Looks to be mixed with dog to me, a special K9 variety. For my assistance I'll take my payment in small bills and one strawberry cheesecake. 

Lol jk, I dunno and you can tell without a pedigree but she sure is cute!!!


----------



## BullyGal (Jun 25, 2012)

Webbed feet doesn't make her a Lab mix. Lots of breeds have webbed feet. Mostly sporting dogs like Labs, Pointers, some spaniels and lots more. And lots of dogs come in Chocolate.
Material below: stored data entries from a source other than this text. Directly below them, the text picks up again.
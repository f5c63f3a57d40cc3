-- ===== src/PosixPool/System/Invariant.antt =====
-- What holds in every state that the threads of socket/thread_Pool/main.cpp can reach.
use codespaces_blank.Prelude.{
  ℕ, ◌+◌, ◌^◌, ◌≤◌, ◌<◌, ◌≡◌, refl, ◌++◌, arith, length, total, total-set, total_mono,
}
use codespaces_blank.PosixPool.{worker_test, worker_wake, work_begins, work_ends}
use codespaces_blank.PosixPool.Valid.{in_bounds}
use codespaces_blank.PosixPool.Fifo.{contents}
use codespaces_blank.PosixPool.Setup.{Resources, initial}
use codespaces_blank.PosixPool.System.Passage.{
  worker_test-Good, worker_wake-Good, threadpool_add-Same,
}
use codespaces_blank.PosixPool.Manager.{adjust_shrink}
use codespaces_blank.PosixPool.Setup.{length-threads-initial, initial-IsValid}
use codespaces_blank.PosixPool.System.{
  submit, submit_closed, lock, relock, spurious, begin, finish, go_on, leave, count, sample, grow,
  shrink, signal_one, signalled, shut, rouse_idle, Worker, ready, woken, running, System, Step,
  start, Reach, here, next,
}
use codespaces_blank.PosixPool.System.Sound.{
  counts, runs, IsSound, pass-IsSound, Signal-counts, Signal-runs, rouse_all-total, enlarge-IsSound,
  queued-Inv, roused, launch-counts, launch-runs,
}

-- Every step keeps the invariant.
pub Step-IsSound : {lo hi : ℕ} {s t : System} → Step s t → IsSound lo hi s → IsSound lo hi t
unfolding work_begins work_ends adjust_shrink
Step-IsSound {s} (submit t e g) v =
    let (same, live, size, behind) = threadpool_add-Same t v.valid e in
    roused (queued-Inv t v same live behind) (Signal-counts g) (Signal-runs g)
Step-IsSound {s} (submit_closed t e) v =
    roused v (rouse_all-total counts refl s.workers) (rouse_all-total runs refl s.workers)
Step-IsSound {s} (lock i e) v =
    pass-IsSound s i v e refl refl (worker_test s.pool) (worker_test-Good v.valid)
Step-IsSound {s} (relock i e) v =
    pass-IsSound s i v e refl refl (worker_wake s.pool) (worker_wake-Good v.valid)
Step-IsSound {s} (spurious i e) v =
    roused v (omega (arith, total-set counts s.workers i woken e))
      (omega (arith, total-set runs s.workers i woken e))
Step-IsSound {s} (begin i t e) v =
    ground (
      arith,
      v,
      total-set counts s.workers i (running t) e,
      total-set runs s.workers i (running t) e,
    )
Step-IsSound {s} (finish i t e) v =
    ground (arith, v, total-set counts s.workers i ready e, total-set runs s.workers i ready e)
Step-IsSound (go_on e f) v = v
Step-IsSound (leave e f) v = v
Step-IsSound (count e) v = v
Step-IsSound (sample e) v = v
Step-IsSound {s} (grow k {q} {l} {b} e) v = enlarge-IsSound k q l b s v
Step-IsSound {s} (shrink {l} {b} e) v = ground (arith, v)
Step-IsSound (signal_one e g) v = roused v (Signal-counts g) (Signal-runs g)
Step-IsSound (signalled e) v = v
Step-IsSound shut v = ground (arith, v)
Step-IsSound {s} (rouse_idle e f g) v =
    roused v (rouse_all-total counts refl s.workers) (rouse_all-total runs refl s.workers)

pub start-IsSound :
    (r : Resources) (lo hi m : ℕ)
    → lo ≤ hi
    → length r.queue_contents ≡ m
    → 0 < m
    → m < 2 ^ 31
    → IsSound lo hi (start r lo hi m)
unfolding initial
start-IsSound r lo hi m h e a b = record {
  valid = initial-IsValid r lo hi m e a b;
  low = refl;
  high = refl;
  slots = length-threads-initial r lo hi m;
  live = omega (arith, launch-counts r.starts 0 lo);
  busy = omega (arith, launch-runs r.starts 0 lo);
  least = omega arith;
  most = h;
  history = refl;
}

pub Reach-IsSound : {lo hi : ℕ} {s t : System} → IsSound lo hi s → Reach s t → IsSound lo hi t
Reach-IsSound v here = v
Reach-IsSound v (next r st) = Step-IsSound st (Reach-IsSound v r)

runs-le-counts : (w : Worker) → runs w ≤ counts w
runs-le-counts w = ground arith

-- `threadpool_create` with `lo` to `hi` threads and a queue of `m` slots, and then any steps.
module _ (r : Resources) (lo hi m : ℕ) (ordered : lo ≤ hi) (storage : length r.queue_contents ≡ m)
    (room : 0 < m) (range : m < 2 ^ 31) where
  -- In every reachable state of a pool created with `min_thr_num` at most `max_thr_num` and the
  -- storage for a queue of 1 to 2 ^ 31 - 1 slots, the tasks that workers have taken, followed by
  -- those that wait in the queue, are the tasks that `threadpool_add` has accepted, in the order
  -- of acceptance: none is lost, none is run twice, none overtakes another.
  pub each_task_once :
      {s : System} → Reach (start r lo hi m) s → s.taken ++ contents s.pool ≡ s.added
  each_task_once reach =
      (Reach-IsSound (start-IsSound r lo hi m ordered storage room range) reach).history

  -- In every reachable state of a pool created with `min_thr_num` at most `max_thr_num` and the
  -- storage for a queue of 1 to 2 ^ 31 - 1 slots, `live_thr_num` lies between the two limits and
  -- is the number of threads that were asked for and have not retired, those whose creation failed
  -- among them; `busy_thr_num` is the number of those that
  -- are in a task's function, and so at most `live_thr_num`.
  pub thread_counts :
      {s : System}
      → Reach (start r lo hi m) s
      → (lo ≤ s.pool.live_thr_num)
        × (s.pool.live_thr_num ≤ hi)
        × (s.pool.live_thr_num ≡ total counts s.workers)
        × (s.pool.busy_thr_num ≡ total runs s.workers)
        × (s.pool.busy_thr_num ≤ s.pool.live_thr_num)
  thread_counts {s} reach =
      let v = Reach-IsSound (start-IsSound r lo hi m ordered storage room range) reach in
      (
        v.least,
        v.most,
        v.live,
        v.busy,
        omega (arith, v.live, v.busy, total_mono runs counts runs-le-counts s.workers),
      )

  -- In every reachable state of a pool created with `min_thr_num` at most `max_thr_num` and the
  -- storage for a queue of 1 to 2 ^ 31 - 1 slots, the queue holds at most `queue_max_size` tasks,
  -- and the indices that the code reads and writes next lie inside `task_queue` and below 2 ^ 31.
  pub queue_in_bounds :
      {s : System}
      → Reach (start r lo hi m) s
      → (s.pool.queue_size ≤ s.pool.queue_max_size)
        × (s.pool.queue_front < length s.pool.task_queue)
        × (s.pool.queue_rear < length s.pool.task_queue)
        × (s.pool.queue_front + 1 < 2 ^ 31)
        × (s.pool.queue_rear + 1 < 2 ^ 31)
  queue_in_bounds reach =
      let v = (Reach-IsSound (start-IsSound r lo hi m ordered storage room range) reach).valid in
      (v.size_in, (in_bounds v).0, (in_bounds v).1, (in_bounds v).2, (in_bounds v).3)
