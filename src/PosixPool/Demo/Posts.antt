-- ===== src/PosixPool/Demo/Posts.antt =====
-- The tasks of `main` of socket/thread_Pool/main.cpp.
use codespaces_blank.Prelude.{
  ℕ, zero, suc, ◌+◌, ◌-◌, ◌<◌, ◌≤◌, ◌≡◌, ◌≢◌, ◌⊎◌, inl, inr, refl, ap, ◌∙◌, false, true, Bool, List,
  [], ◌∷◌, ◌++◌, arith, length, length-append, dec_lt,
}
use codespaces_blank.PosixPool.{
  Task, Pool, Outcome, waits, retires, stops, takes, threadpool_add, queued, insert_task, dequeue,
  worker_test, worker_wake, work_begins, work_ends,
}
use codespaces_blank.PosixPool.Valid.{Leaves}
use codespaces_blank.PosixPool.Fifo.{contents, length-items}
use codespaces_blank.PosixPool.Manager.{adjust_grow-rest, adjust_shrink}
use codespaces_blank.PosixPool.Setup.{Resources, initial}
use codespaces_blank.PosixPool.System.{
  System, pass, Step, submit, submit_closed, lock, relock, spurious, begin, finish, go_on, leave,
  count, sample, grow, shrink, signal_one, signalled, shut, rouse_idle, gone,
}
use codespaces_blank.PosixPool.System.Sound.{IsSound}
use codespaces_blank.PosixPool.System.Invariant.{Step-IsSound, start-IsSound}
use codespaces_blank.PosixPool.Demo.{Demo, created, IsOwn, Move, adds, works, Run, begins, goes_on}

-- The first `n` tasks.
abbrev pub tasks : (process n : ℕ) → List Task
tasks process zero = []
tasks process (suc n) = tasks process n ++ (record { function = process; arg = n } ∷ [])

length-tasks : (process n : ℕ) → length (tasks process n) ≡ n
length-tasks process zero = refl
length-tasks process (suc n) = omega (
  arith,
  length-append (tasks process n) (record { function = process; arg = n } ∷ []),
  length-tasks process n,
)

-- Of the size of the queue and the end of the pool.
abbrev Keeps : Pool → Pool → Type 0
Keeps p p' = (p'.queue_max_size ≡ p.queue_max_size) × (p'.shutdown ≡ p.shutdown)

worker_test-Keeps : (p : Pool) → Leaves (Keeps p) (worker_test p)
unfolding worker_test dequeue
worker_test-Keeps p = ground arith

worker_wake-Keeps : (p : Pool) → Leaves (Keeps p) (worker_wake p)
unfolding worker_wake
worker_wake-Keeps p = ground (
  arith,
  worker_test-Keeps p,
  worker_test-Keeps (record p { wait_exit_thr_num = p.wait_exit_thr_num - 1 }),
)

threadpool_add-Keeps :
    (p : Pool) (t : Task) {p' : Pool} → threadpool_add p t ≡ queued p' → Keeps p p'
unfolding threadpool_add insert_task
threadpool_add-Keeps p t e = ground arith

-- Where the queue has room and is open, a task goes in.
threadpool_add_fits :
    (p : Pool) (t : Task)
    → p.shutdown ≡ false
    → p.queue_size < p.queue_max_size
    → threadpool_add p t ≡ queued (insert_task p t)
unfolding threadpool_add
threadpool_add_fits p t o h = ground arith

-- The pool is open, with its 100 slots, and has a manager.
record IsRunning (s : System) : Type 0 where
  slots : s.pool.queue_max_size ≡ 100
  open_ : s.pool.shutdown ≡ false
  managed : s.manager ≢ gone

-- What a step of the pool's own threads leaves.
record Leads (s t : System) : Type 0 where
  still : IsRunning t
  same_added : t.added ≡ s.added

kept-Leads :
    {s t : System}
    → IsRunning s
    → Keeps s.pool t.pool
    → t.manager ≢ gone
    → t.added ≡ s.added
    → Leads s t
kept-Leads v k m e = record {
  still = record { slots = k.0 ∙ v.slots; open_ = k.1 ∙ v.open_; managed = m };
  same_added = e;
}

pass-Leads :
    (s : System) (i : ℕ) (o : Outcome)
    → IsRunning s
    → Leaves (Keeps s.pool) o
    → Leads s (pass i o s)
pass-Leads s i (waits p) v k = kept-Leads v k v.managed refl
pass-Leads s i (retires p) v k = kept-Leads v k v.managed refl
pass-Leads s i (stops p) v k = kept-Leads v k v.managed refl
pass-Leads s i (takes t p) v k = kept-Leads v k v.managed refl

Step-Leads : {s t : System} (x : Step s t) → IsOwn x → IsRunning s → Leads s t
unfolding work_begins work_ends adjust_shrink
Step-Leads (submit t e g) own v = absurd own
Step-Leads (submit_closed t e) own v = absurd own
Step-Leads {s} (lock i e) own v = pass-Leads s i (worker_test s.pool) v (worker_test-Keeps s.pool)
Step-Leads {s} (relock i e) own v = pass-Leads s i (worker_wake s.pool) v (worker_wake-Keeps s.pool)
Step-Leads (spurious i e) own v = kept-Leads v (refl, refl) v.managed refl
Step-Leads (begin i t e) own v = kept-Leads v (refl, refl) v.managed refl
Step-Leads (finish i t e) own v = kept-Leads v (refl, refl) v.managed refl
Step-Leads (go_on e f) own v = kept-Leads v (refl, refl) (λ c. absurd cc) refl
Step-Leads (leave e f) own v = absurd (open_pool v.open_ f)
  where
    open_pool : {b : Bool} → b ≡ false → b ≡ true → ⊥
    open_pool e f = cc
Step-Leads (count e) own v = kept-Leads v (refl, refl) (λ c. absurd cc) refl
Step-Leads (sample e) own v = kept-Leads v (refl, refl) (λ c. absurd cc) refl
Step-Leads {s} (grow k {q} {l} e) own v =
    let rest = adjust_grow-rest k q l s.pool in
    kept-Leads v (ap (λ (x : Pool). x.queue_max_size) rest, ap (λ (x : Pool). x.shutdown) rest)
      (λ c. absurd cc) refl
Step-Leads {s} (shrink {l} {b} e) own v = kept-Leads v (ground arith) (λ c. absurd cc) refl
Step-Leads (signal_one e g) own v = kept-Leads v (refl, refl) (λ c. absurd cc) refl
Step-Leads (signalled e) own v = kept-Leads v (refl, refl) (λ c. absurd cc) refl
Step-Leads shut own v = absurd own
Step-Leads (rouse_idle e f g) own v = absurd own

record Inv (process : ℕ) (d : Demo) : Type 0 where
  sound : IsSound 10 100 d.system
  running : IsRunning d.system
  posted : d.system.added ≡ tasks process d.i
  bound : d.i ≤ 40

move-Inv : {process : ℕ} {d e : Demo} → Inv process d → Move process d e → Inv process e
move-Inv {process} {d} v (adds h e g) =
    let k = threadpool_add-Keeps d.system.pool (record { function = process; arg = d.i }) e in
    let r = v.running in
    let later : suc d.i ≡ d.i + 1 = omega arith in
    record {
      sound =
          Step-IsSound {s = d.system} (submit (record { function = process; arg = d.i }) e g)
            v.sound;
      running = record { slots = k.0 ∙ r.slots; open_ = k.1 ∙ r.open_; managed = r.managed };
      posted =
          ap (λ l. l ++ (record { function = process; arg = d.i } ∷ [])) v.posted
          ∙ ap (tasks process) later;
      bound = omega arith;
    }
move-Inv {process} {d} v (works x own) =
    let l = Step-Leads x own v.running in
    record {
      sound = Step-IsSound x v.sound;
      running = l.still;
      posted = l.same_added ∙ v.posted;
      bound = v.bound;
    }

created-Inv :
    (process : ℕ) (r : Resources) → length r.queue_contents ≡ 100 → Inv process (created r)
unfolding initial
created-Inv process r e = record {
  sound = start-IsSound r 10 100 100 (omega arith) e (omega arith) (omega arith);
  running = record { slots = refl; open_ = refl; managed = λ c. absurd cc };
  posted = refl;
  bound = omega arith;
}

Run-Inv :
    {process : ℕ} (r : Resources) {d : Demo}
    → length r.queue_contents ≡ 100
    → Run process (created r) d
    → Inv process d
Run-Inv {process} r e begins = created-Inv process r e
Run-Inv r e (goes_on x m) = move-Inv (Run-Inv r e x) m

room : {process : ℕ} {d : Demo} → Inv process d → d.system.pool.queue_size ≤ d.i
room {process} {d} v =
    let p = d.system.pool in
    omega (
      arith,
      ap length v.sound.history,
      length-append d.system.taken (contents p),
      length-items p.task_queue p.queue_max_size p.queue_front 0 p.queue_size,
      ap length v.posted,
      length-tasks process d.i,
    )

-- However `main` and the threads of its pool take turns, with storage for the 100 slots: the tasks
-- that were taken, followed by those that wait, are those of the turns that `main` has made, in their
-- order and with the number of the turn as argument; `main` has made all 40 turns, or its next call
-- of `threadpool_add` goes through at once; and the pool is never shut down, nor does its manager
-- ever leave.
pub main_posts_all :
    (process : ℕ) (r : Resources) {d : Demo}
    → length r.queue_contents ≡ 100
    → Run process (created r) d
    → (d.system.taken ++ contents d.system.pool ≡ tasks process d.i)
      × ((d.i ≡ 40)
          ⊎ ((p : Pool) × (threadpool_add d.system.pool (record { function = process; arg = d.i })
                ≡ queued p)))
      × (d.system.pool.shutdown ≡ false)
      × (d.system.manager ≢ gone)
main_posts_all process r {d} e x =
    let v = Run-Inv r e x in
    (
      v.sound.history ∙ v.posted,
      elim (dec_lt d.i 40) [
        | yes h ↦ inr (
          _,
          threadpool_add_fits d.system.pool _ v.running.open_
              (omega (arith, room v, v.running.slots)),
        )
        | no h ↦ inl (omega (arith, v.bound))
      ],
      v.running.open_,
      v.running.managed,
    )
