-- ===== src/Rtp.antt =====
-- RTP and RTCP: module02_rtp_rtcp.
pub mod Packet
pub mod JitterBuffer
Plus the skin between toes is OFTEN mistaken for webbing.

Quick search came up with these breeds as having webbed feet.

Akita, Brussels Griffon, Chesapeake Bay Retriever, Chinook, Field Spaniel, German Shorthaired Pointer, German Wirehaired Pointer, Irish Water Spaniel, Labrador Retriever, Leonberger, Newfoundland, Nova Scotia Duck Tolling Retriever, Otterhound, Plott Hound, Portuguese Water Dog, Redbone Coonhound, Spanish Water Dog, Weimaraner, Wirehaired Pointing Griffon.

I think she kind of resembles the German Shorthaired Pointer


----------



## 20948 (Aug 17, 2012)

Hi, sorry I didnt clarify. We knew she is a chocolate lab mix from the humane society, tho I know sometimes theyre wrong lol. I can see the pointer resemblance thanks. Definite webbed, not skin tho . Thanks shes so adorable.


----------



## Odin`s_BlueDragon (Mar 11, 2012)

I don't really see any pit in there....


----------



## Kenaii (Dec 22, 2011)

Just a typical mutt. There is no way to know without a ped.


----------